**GIVEN DATA**
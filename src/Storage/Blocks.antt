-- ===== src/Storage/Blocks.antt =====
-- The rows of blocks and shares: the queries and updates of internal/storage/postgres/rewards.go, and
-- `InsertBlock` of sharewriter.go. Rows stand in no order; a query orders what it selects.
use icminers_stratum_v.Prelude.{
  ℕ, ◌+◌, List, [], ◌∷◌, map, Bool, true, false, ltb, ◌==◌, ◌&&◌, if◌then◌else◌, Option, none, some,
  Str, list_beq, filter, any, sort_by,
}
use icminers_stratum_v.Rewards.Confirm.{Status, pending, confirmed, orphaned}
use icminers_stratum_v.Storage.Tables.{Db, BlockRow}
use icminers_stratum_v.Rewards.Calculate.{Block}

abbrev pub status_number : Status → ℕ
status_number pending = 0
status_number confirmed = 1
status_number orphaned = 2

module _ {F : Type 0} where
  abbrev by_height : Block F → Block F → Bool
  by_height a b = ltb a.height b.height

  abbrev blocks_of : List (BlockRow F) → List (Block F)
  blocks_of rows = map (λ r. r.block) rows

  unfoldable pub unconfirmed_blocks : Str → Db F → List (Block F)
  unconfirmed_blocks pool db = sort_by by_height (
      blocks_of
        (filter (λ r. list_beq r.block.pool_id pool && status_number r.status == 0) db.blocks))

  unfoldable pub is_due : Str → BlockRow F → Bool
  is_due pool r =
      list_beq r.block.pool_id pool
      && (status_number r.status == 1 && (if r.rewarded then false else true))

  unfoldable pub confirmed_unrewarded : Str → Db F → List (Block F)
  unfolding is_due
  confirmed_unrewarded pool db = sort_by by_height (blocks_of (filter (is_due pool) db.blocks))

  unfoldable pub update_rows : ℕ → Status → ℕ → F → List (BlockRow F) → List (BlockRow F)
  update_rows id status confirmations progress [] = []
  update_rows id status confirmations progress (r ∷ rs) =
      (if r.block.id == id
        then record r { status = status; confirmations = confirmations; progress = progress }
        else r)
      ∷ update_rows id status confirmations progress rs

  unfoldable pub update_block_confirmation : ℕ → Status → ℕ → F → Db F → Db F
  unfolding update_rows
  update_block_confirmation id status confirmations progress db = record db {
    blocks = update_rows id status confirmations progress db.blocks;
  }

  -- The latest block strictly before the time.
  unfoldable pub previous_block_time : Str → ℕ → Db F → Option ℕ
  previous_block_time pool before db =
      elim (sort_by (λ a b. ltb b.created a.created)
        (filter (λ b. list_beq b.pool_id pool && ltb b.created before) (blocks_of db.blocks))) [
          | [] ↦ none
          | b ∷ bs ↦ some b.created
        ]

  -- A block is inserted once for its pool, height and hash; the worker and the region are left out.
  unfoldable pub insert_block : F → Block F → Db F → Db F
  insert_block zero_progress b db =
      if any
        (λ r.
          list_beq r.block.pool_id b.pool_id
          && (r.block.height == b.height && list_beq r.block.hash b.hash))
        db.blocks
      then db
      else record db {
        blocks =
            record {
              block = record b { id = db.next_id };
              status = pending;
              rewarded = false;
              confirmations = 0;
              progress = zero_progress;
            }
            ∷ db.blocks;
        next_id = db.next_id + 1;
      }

--

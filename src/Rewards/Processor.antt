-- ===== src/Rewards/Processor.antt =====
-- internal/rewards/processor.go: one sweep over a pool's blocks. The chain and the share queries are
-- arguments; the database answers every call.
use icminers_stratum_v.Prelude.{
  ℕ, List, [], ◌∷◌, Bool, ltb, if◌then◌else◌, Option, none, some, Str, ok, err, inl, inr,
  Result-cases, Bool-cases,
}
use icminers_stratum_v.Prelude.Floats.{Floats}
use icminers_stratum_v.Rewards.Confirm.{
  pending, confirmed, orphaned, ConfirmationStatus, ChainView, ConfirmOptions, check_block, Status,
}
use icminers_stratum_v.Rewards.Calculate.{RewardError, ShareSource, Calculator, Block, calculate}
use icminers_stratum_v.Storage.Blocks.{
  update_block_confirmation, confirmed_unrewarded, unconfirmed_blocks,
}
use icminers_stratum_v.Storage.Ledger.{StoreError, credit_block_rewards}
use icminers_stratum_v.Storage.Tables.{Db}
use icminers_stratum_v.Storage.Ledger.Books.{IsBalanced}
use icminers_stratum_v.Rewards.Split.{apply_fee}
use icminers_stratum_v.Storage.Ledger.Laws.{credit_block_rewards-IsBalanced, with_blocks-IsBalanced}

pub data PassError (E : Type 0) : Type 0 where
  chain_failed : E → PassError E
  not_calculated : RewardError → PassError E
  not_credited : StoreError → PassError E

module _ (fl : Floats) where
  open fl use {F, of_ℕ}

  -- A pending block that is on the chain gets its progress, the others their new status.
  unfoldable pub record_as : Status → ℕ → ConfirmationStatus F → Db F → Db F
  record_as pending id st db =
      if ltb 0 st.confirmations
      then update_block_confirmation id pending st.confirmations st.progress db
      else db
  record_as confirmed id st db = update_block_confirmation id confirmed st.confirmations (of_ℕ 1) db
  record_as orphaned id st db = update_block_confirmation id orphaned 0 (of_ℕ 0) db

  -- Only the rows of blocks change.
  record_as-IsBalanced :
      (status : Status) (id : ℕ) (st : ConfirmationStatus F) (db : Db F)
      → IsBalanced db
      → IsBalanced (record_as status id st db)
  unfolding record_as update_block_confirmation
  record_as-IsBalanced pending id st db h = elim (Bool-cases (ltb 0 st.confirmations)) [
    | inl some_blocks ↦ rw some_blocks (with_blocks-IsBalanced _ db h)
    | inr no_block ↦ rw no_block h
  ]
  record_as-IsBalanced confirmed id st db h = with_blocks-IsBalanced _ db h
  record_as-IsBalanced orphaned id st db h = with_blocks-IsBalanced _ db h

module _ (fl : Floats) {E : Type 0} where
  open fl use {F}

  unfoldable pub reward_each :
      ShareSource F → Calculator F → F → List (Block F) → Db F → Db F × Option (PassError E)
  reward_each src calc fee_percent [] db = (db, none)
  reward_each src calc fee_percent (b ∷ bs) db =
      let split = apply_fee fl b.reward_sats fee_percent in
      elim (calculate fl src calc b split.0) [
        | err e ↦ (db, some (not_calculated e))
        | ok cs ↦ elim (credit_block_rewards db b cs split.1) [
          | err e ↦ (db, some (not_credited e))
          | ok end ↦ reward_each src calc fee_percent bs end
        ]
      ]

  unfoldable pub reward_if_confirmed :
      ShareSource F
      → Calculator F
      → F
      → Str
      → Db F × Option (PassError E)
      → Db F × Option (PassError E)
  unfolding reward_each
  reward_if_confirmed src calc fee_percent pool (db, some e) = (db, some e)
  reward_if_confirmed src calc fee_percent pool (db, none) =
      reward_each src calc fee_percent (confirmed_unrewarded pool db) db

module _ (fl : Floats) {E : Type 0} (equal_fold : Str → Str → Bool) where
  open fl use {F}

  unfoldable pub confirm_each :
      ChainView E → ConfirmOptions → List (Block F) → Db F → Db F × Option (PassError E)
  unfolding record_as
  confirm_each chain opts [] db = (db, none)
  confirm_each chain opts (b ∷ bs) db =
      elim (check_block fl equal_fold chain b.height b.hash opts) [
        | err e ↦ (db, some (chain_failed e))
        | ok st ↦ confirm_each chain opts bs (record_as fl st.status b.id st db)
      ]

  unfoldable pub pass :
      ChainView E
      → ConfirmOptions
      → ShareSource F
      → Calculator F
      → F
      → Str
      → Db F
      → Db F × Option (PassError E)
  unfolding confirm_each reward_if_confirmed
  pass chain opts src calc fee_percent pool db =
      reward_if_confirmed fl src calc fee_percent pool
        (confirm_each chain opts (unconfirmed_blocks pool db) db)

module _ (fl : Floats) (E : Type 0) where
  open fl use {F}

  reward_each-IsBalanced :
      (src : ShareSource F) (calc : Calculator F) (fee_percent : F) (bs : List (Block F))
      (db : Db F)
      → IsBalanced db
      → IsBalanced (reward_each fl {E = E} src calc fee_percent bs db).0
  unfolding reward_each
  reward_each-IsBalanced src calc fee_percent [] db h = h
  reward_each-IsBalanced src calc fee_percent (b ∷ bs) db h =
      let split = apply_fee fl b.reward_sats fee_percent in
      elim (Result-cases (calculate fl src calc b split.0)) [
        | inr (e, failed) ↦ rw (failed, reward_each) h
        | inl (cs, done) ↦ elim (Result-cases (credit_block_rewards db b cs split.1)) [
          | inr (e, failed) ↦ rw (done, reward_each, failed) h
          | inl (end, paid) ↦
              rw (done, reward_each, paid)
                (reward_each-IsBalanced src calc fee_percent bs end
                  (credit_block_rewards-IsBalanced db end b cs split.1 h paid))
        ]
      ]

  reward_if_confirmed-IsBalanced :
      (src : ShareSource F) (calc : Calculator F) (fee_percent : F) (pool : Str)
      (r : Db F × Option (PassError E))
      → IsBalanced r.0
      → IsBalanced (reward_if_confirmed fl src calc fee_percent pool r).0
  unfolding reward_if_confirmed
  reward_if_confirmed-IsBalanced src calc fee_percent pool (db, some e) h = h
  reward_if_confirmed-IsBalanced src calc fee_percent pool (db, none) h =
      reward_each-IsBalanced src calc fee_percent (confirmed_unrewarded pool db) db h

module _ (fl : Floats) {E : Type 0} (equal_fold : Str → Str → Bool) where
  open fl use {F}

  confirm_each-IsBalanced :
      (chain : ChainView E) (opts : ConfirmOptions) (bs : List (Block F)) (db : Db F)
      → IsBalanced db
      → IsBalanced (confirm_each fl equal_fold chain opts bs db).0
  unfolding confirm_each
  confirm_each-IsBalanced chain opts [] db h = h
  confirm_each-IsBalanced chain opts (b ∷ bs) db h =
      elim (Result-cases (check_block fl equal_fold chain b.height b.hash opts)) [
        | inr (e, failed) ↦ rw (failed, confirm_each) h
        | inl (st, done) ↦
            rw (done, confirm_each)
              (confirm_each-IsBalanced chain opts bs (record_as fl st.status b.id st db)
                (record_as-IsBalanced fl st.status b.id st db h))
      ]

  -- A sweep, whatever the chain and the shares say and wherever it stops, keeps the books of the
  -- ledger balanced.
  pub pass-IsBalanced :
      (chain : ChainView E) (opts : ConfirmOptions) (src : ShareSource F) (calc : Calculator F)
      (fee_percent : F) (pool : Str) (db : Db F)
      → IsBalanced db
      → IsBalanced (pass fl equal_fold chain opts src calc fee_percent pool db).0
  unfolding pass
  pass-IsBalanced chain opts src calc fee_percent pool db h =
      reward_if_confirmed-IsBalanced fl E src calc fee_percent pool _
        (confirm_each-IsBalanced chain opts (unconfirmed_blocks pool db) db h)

**YOUR INSTRUCTIONS**
Among the lines above, find the one with "record_as orphaned id" and the one with "unfoldable pub pass". Quote both and everything between them, exactly.

**YOUR RESPONSE**
  record_as orphaned id st db = update_block_confirmation id orphaned 0 (of_ℕ 0) db

  -- Only the rows of blocks change.
  record_as-IsBalanced :
      (status : Status) (id : ℕ) (st : ConfirmationStatus F) (db : Db F)
      → IsBalanced db
      → IsBalanced (record_as status id st db)
  unfolding record_as update_block_confirmation
  record_as-IsBalanced pending id st db h = elim (Bool-cases (ltb 0 st.confirmations)) [
    | inl some_blocks ↦ rw some_blocks (with_blocks-IsBalanced _ db h)
    | inr no_block ↦ rw no_block h
  ]
  record_as-IsBalanced confirmed id st db h = with_blocks-IsBalanced _ db h
  record_as-IsBalanced orphaned id st db h = with_blocks-IsBalanced _ db h

module _ (fl : Floats) {E : Type 0} where
  open fl use {F}

  unfoldable pub reward_each :
      ShareSource F → Calculator F → F → List (Block F) → Db F → Db F × Option (PassError E)
  reward_each src calc fee_percent [] db = (db, none)
  reward_each src calc fee_percent (b ∷ bs) db =
      let split = apply_fee fl b.reward_sats fee_percent in
      elim (calculate fl src calc b split.0) [
        | err e ↦ (db, some (not_calculated e))
        | ok cs ↦ elim (credit_block_rewards db b cs split.1) [
          | err e ↦ (db, some (not_credited e))
          | ok end ↦ reward_each src calc fee_percent bs end
        ]
      ]

  unfoldable pub reward_if_confirmed :
      ShareSource F
      → Calculator F
      → F
      → Str
      → Db F × Option (PassError E)
      → Db F × Option (PassError E)
  unfolding reward_each
  reward_if_confirmed src calc fee_percent pool (db, some e) = (db, some e)
  reward_if_confirmed src calc fee_percent pool (db, none) =
      reward_each src calc fee_percent (confirmed_unrewarded pool db) db

module _ (fl : Floats) {E : Type 0} (equal_fold : Str → Str → Bool) where
  open fl use {F}

  unfoldable pub confirm_each :
      ChainView E → ConfirmOptions → List (Block F) → Db F → Db F × Option (PassError E)
  unfolding record_as
  confirm_each chain opts [] db = (db, none)
  confirm_each chain opts (b ∷ bs) db =
      elim (check_block fl equal_fold chain b.height b.hash opts) [
        | err e ↦ (db, some (chain_failed e))
        | ok st ↦ confirm_each chain opts bs (record_as fl st.status b.id st db)
      ]

  unfoldable pub pass :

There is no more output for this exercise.